### Goal of the exercise:
Write out the data exactly, every line included.

-- Supplied data follows --

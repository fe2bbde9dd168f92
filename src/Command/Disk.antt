-- ===== src/Command/Disk.antt =====
-- What a file system promises: a disk, and what each operation makes of it, beside the stream.
use crab_rs.Prelude.{
  ℕ, ◌≡◌, subst, String, Bool, true, false, ◌||◌, Option, none, some, [], ◌++◌, length, ok, str_eq,
  if◌then◌else◌, refl,
}
use crab_rs.Prelude.Bytes.{Bytes}
use crab_rs.Message.{Method, AckMessage, option_none}
use crab_rs.Transport.{Transport, Codec, IsReliable}
use crab_rs.Stream.{frame, write_message, read_ack}
use crab_rs.Stream.RoundTrip.{write_message-frame}
use crab_rs.Stream.Arrived.{read_ack-arrived}
use crab_rs.Stream.Keeps.{KeptByStream, write_message-Keeps, read_ack-Keeps}
use crab_rs.Command.Files.{FileSystem, Metadata}
use crab_rs.Command.Remote.{AckEncodes}

-- The bytes of each file, which paths are directories, the file that is open for writing, and what
-- is to be read of the file that is open for reading.
pub record Disk : Type 0 where
  pub files : String → Option Bytes
  pub dirs : String → Bool
  pub created : String
  pub opened : Bytes

unfoldable pub set : String → Option Bytes → (String → Option Bytes) → String → Option Bytes
set p content files q = if str_eq q p then content else files q

abbrev pub is_some : Option Bytes → Bool
is_some none = false
is_some (some _) = true

abbrev pub exists_in : Disk → String → Bool
exists_in d p = d.dirs p || is_some (d.files p)

abbrev pub create : String → Disk → Disk
create p d = record {
  files = set p (some []) d.files;
  dirs = d.dirs;
  created = p;
  opened = d.opened;
}

abbrev pub fill : Bytes → Disk → Disk
fill bytes d = record {
  files = set d.created (some bytes) d.files;
  dirs = d.dirs;
  created = d.created;
  opened = d.opened;
}

abbrev pub move : String → String → Disk → Disk
move p q d = record {
  files = set q (d.files p) (set p none d.files);
  dirs = d.dirs;
  created = d.created;
  opened = d.opened;
}

abbrev pub load : Bytes → Disk → Disk
load bytes d = record { files = d.files; dirs = d.dirs; created = d.created; opened = bytes }

module _ {W : Type 0} ⦃t : Transport W⦄ (R : IsReliable t) where
  -- The stream of one world is that of another.
  abbrev pub SameStream : W → W → Type 0
  SameStream w w' =
      (R.inbox w' ≡ R.inbox w) × (R.outbox w' ≡ R.outbox w) × (R.writable w' ≡ R.writable w)

  -- A file system that does on its disk what is asked of it, where that can be done. The copy from
  -- a stream takes all that arrives on it.
  pub record IsStore (fs : FileSystem W) : Type 0 where
    pub view : W → Disk
    pub by_stream : (d : Disk) → KeptByStream t (λ w. view w ≡ d)
    -- Whether a file may stand at a path, where these are the directories.
    pub is_place : (String → Bool) → String → Bool
    pub try_exists_ok : (p : String) (w : W) → fs.try_exists p w ≡ (ok (exists_in (view w) p), w)
    pub metadata_dir :
        (p : String) (w : W)
        → (view w).dirs p ≡ true
        → (m : Metadata) × (fs.metadata p w ≡ (ok m, w)) × (m.is_dir ≡ true)
    pub metadata_file :
        (p : String) (bytes : Bytes) (w : W)
        → (view w).files p ≡ some bytes
        → (view w).dirs p ≡ false
        → (m : Metadata) × (fs.metadata p w ≡ (ok m, w)) × (m.len ≡ length bytes)
    pub create_file_ok :
        (p : String) (w : W)
        → is_place (view w).dirs p ≡ true
        → (w' : W) × (fs.create_file p w ≡ (ok tt, w'))
          × (view w' ≡ create p (view w))
          × SameStream w w'
    pub open_file_ok :
        (p : String) (bytes : Bytes) (w : W)
        → (view w).files p ≡ some bytes
        → (w' : W) × (fs.open_file p w ≡ (ok tt, w'))
          × (view w' ≡ load bytes (view w))
          × SameStream w w'
    pub rename_ok :
        (p q : String) (bytes : Bytes) (w : W)
        → (view w).files p ≡ some bytes
        → is_place (view w).dirs q ≡ true
        → (w' : W) × (fs.rename p q w ≡ (ok tt, w'))
          × (view w' ≡ move p q (view w))
          × SameStream w w'
    pub copy_from_stream_ok :
        (w : W)
        → (w' : W) × (fs.copy_from_stream w ≡ (ok (length (R.inbox w)), w'))
          × (view w' ≡ fill (R.inbox w) (view w))
          × (R.inbox w' ≡ [])
          × (R.outbox w' ≡ R.outbox w)
          × (R.writable w' ≡ R.writable w)
    pub copy_to_stream_ok :
        (w : W)
        → R.writable w ≡ true
        → (w' : W) × (fs.copy_to_stream w ≡ (ok (length (view w).opened), w'))
          × (view w' ≡ view w)
          × (R.outbox w' ≡ R.outbox w ++ (view w).opened)
    pub finish_ok : (w : W) → (view (fs.finish w) ≡ view w) × (R.outbox (fs.finish w) ≡ R.outbox w)

  module _ ⦃ack : Codec AckMessage⦄ {fs : FileSystem W} (S : IsStore fs) where
    -- Messages leave the disk as it is.
    pub write_message-kept :
        {M : Type 0} (c : Codec M) (method : Method) (option : ℕ) (m : M) (payload : Bytes) (w : W)
        → c.encode m ≡ some payload
        → R.writable w ≡ true
        → (w' : W) × (write_message c method option m w ≡ (ok tt, w'))
          × (S.view w' ≡ S.view w)
          × (R.inbox w' ≡ R.inbox w)
          × (R.outbox w' ≡ R.outbox w ++ frame method option payload)
          × (R.writable w' ≡ true)
    write_message-kept c method option m payload w enc x =
        let (w', e, i, o, y) = write_message-frame R c method option m payload w enc x in
        let kept = (write_message-Keeps (S.by_stream (S.view w)) c method option m).at w refl in
        (w', e, subst (λ p. S.view p.1 ≡ S.view w) e kept, i, o, y)

    pub read_ack-kept :
        (method : Method) (payload rest : Bytes) (w : W)
        → AckEncodes ack payload
        → R.inbox w ≡ frame method option_none payload ++ rest
        → (w' : W) × (read_ack w ≡ (ok tt, w'))
          × (S.view w' ≡ S.view w)
          × (R.inbox w' ≡ rest)
          × (R.outbox w' ≡ R.outbox w)
          × (R.writable w' ≡ R.writable w)
    read_ack-kept method payload rest w acks arrived =
        let (w', e, i, o, y) =
          read_ack-arrived R method payload rest w acks.round acks.fits arrived in
        let kept = (read_ack-Keeps (S.by_stream (S.view w))).at w refl in
        (w', e, subst (λ p. S.view p.1 ≡ S.view w) e kept, i, o, y)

-- Supplied data concluded --

### Written response:
repository fe2bbde9dd168f92
filename src/Command/Disk.antt
-- ===== src/Command/Disk.antt =====
-- What a file system promises: a disk, and what each operation makes of it, beside the stream.
use crab_rs.Prelude.{
  ℕ, ◌≡◌, subst, String, Bool, true, false, ◌||◌, Option, none, some, [], ◌++◌, length, ok, str_eq,
  if◌then◌else◌, refl,
}
use crab_rs.Prelude.Bytes.{Bytes}
use crab_rs.Message.{Method, AckMessage, option_none}
use crab_rs.Transport.{Transport, Codec, IsReliable}
use crab_rs.Stream.{frame, write_message, read_ack}
use crab_rs.Stream.RoundTrip.{write_message-frame}
use crab_rs.Stream.Arrived.{read_ack-arrived}
use crab_rs.Stream.Keeps.{KeptByStream, write_message-Keeps, read_ack-Keeps}
use crab_rs.Command.Files.{FileSystem, Metadata}
use crab_rs.Command.Remote.{AckEncodes}

-- The bytes of each file, which paths are directories, the file that is open for writing, and what
-- is to be read of the file that is open for reading.
pub record Disk : Type 0 where
  pub files : String → Option Bytes
  pub dirs : String → Bool
  pub created : String
  pub opened : Bytes

unfoldable pub set : String → Option Bytes → (String → Option Bytes) → String → Option Bytes
set p content files q = if str_eq q p then content else files q

abbrev pub is_some : Option Bytes → Bool
is_some none = false
is_some (some _) = true

abbrev pub exists_in : Disk → String → Bool
exists_in d p = d.dirs p || is_some (d.files p)

abbrev pub create : String → Disk → Disk
create p d = record {
  files = set p (some []) d.files;
  dirs = d.dirs;
  created = p;
  opened = d.opened;
}

abbrev pub fill : Bytes → Disk → Disk
fill bytes d = record {
  files = set d.created (some bytes) d.files;
  dirs = d.dirs;
  created = d.created;
  opened = d.opened;
}

abbrev pub move : String → String → Disk → Disk
move p q d = record {
  files = set q (d.files p) (set p none d.files);
  dirs = d.dirs;
  created = d.created;
  opened = d.opened;
}

abbrev pub load : Bytes → Disk → Disk
load bytes d = record { files = d.files; dirs = d.dirs; created = d.created; opened = bytes }

module _ {W : Type 0} ⦃t : Transport W⦄ (R : IsReliable t) where
  -- The stream of one world is that of another.
  abbrev pub SameStream : W → W → Type 0
  SameStream w w' =
      (R.inbox w' ≡ R.inbox w) × (R.outbox w' ≡ R.outbox w) × (R.writable w' ≡ R.writable w)

  -- A file system that does on its disk what is asked of it, where that can be done. The copy from
  -- a stream takes all that arrives on it.
  pub record IsStore (fs : FileSystem W) : Type 0 where
    pub view : W → Disk
    pub by_stream : (d : Disk) → KeptByStream t (λ w. view w ≡ d)
    -- Whether a file may stand at a path, where these are the directories.
    pub is_place : (String → Bool) → String → Bool
    pub try_exists_ok : (p : String) (w : W) → fs.try_exists p w ≡ (ok (exists_in (view w) p), w)
    pub metadata_dir :
        (p : String) (w : W)
        → (view w).dirs p ≡ true
        → (m : Metadata) × (fs.metadata p w ≡ (ok m, w)) × (m.is_dir ≡ true)
    pub metadata_file :
        (p : String) (bytes : Bytes) (w : W)
        → (view w).files p ≡ some bytes
        → (view w).dirs p ≡ false
        → (m : Metadata) × (fs.metadata p w ≡ (ok m, w)) × (m.len ≡ length bytes)
    pub create_file_ok :
        (p : String) (w : W)
        → is_place (view w).dirs p ≡ true
        → (w' : W) × (fs.create_file p w ≡ (ok tt, w'))
          × (view w' ≡ create p (view w))
          × SameStream w w'
    pub open_file_ok :
        (p : String) (bytes : Bytes) (w : W)
        → (view w).files p ≡ some bytes
        → (w' : W) × (fs.open_file p w ≡ (ok tt, w'))
          × (view w' ≡ load bytes (view w))
          × SameStream w w'
    pub rename_ok :
        (p q : String) (bytes : Bytes) (w : W)
        → (view w).files p ≡ some bytes
        → is_place (view w).dirs q ≡ true
        → (w' : W) × (fs.rename p q w ≡ (ok tt, w'))
          × (view w' ≡ move p q (view w))
          × SameStream w w'
    pub copy_from_stream_ok :
        (w : W)
        → (w' : W) × (fs.copy_from_stream w ≡ (ok (length (R.inbox w)), w'))
          × (view w' ≡ fill (R.inbox w) (view w))
          × (R.inbox w' ≡ [])
          × (R.outbox w' ≡ R.outbox w)
          × (R.writable w' ≡ R.writable w)
    pub copy_to_stream_ok :
        (w : W)
        → R.writable w ≡ true
        → (w' : W) × (fs.copy_to_stream w ≡ (ok (length (view w).opened), w'))
          × (view w' ≡ view w)
          × (R.outbox w' ≡ R.outbox w ++ (view w).opened)
    pub finish_ok : (w : W) → (view (fs.finish w) ≡ view w) × (R.outbox (fs.finish w) ≡ R.outbox w)

  module _ ⦃ack : Codec AckMessage⦄ {fs : FileSystem W} (S : IsStore fs) where
    -- Messages leave the disk as it is.
    pub write_message-kept :
        {M : Type 0} (c : Codec M) (method : Method) (option : ℕ) (m : M) (payload : Bytes) (w : W)
        → c.encode m ≡ some payload
        → R.writable w ≡ true
        → (w' : W) × (write_message c method option m w ≡ (ok tt, w'))
          × (S.view w' ≡ S.view w)
          × (R.inbox w' ≡ R.inbox w)
          × (R.outbox w' ≡ R.outbox w ++ frame method option payload)
          × (R.writable w' ≡ true)
    write_message-kept c method option m payload w enc x =
        let (w', e, i, o, y) = write_message-frame R c method option m payload w enc x in
        let kept = (write_message-Keeps (S.by_stream (S.view w)) c method option m).at w refl in
        (w', e, subst (λ p. S.view p.1 ≡ S.view w) e kept, i, o, y)

    pub read_ack-kept :
        (method : Method) (payload rest : Bytes) (w : W)
        → AckEncodes ack payload
        → R.inbox w ≡ frame method option_none payload ++ rest
        → (w' : W) × (read_ack w ≡ (ok tt, w'))
          × (S.view w' ≡ S.view w)
          × (R.inbox w' ≡ rest)
          × (R.outbox w' ≡ R.outbox w)
          × (R.writable w' ≡ R.writable w)
    read_ack-kept method payload rest w acks arrived =
        let (w', e, i, o, y) =
          read_ack-arrived R method payload rest w acks.round acks.fits arrived in
        let kept = (read_ack-Keeps (S.by_stream (S.view w))).at w refl in
        (w', e, subst (λ p. S.view p.1 ≡ S.view w) e kept, i, o, y)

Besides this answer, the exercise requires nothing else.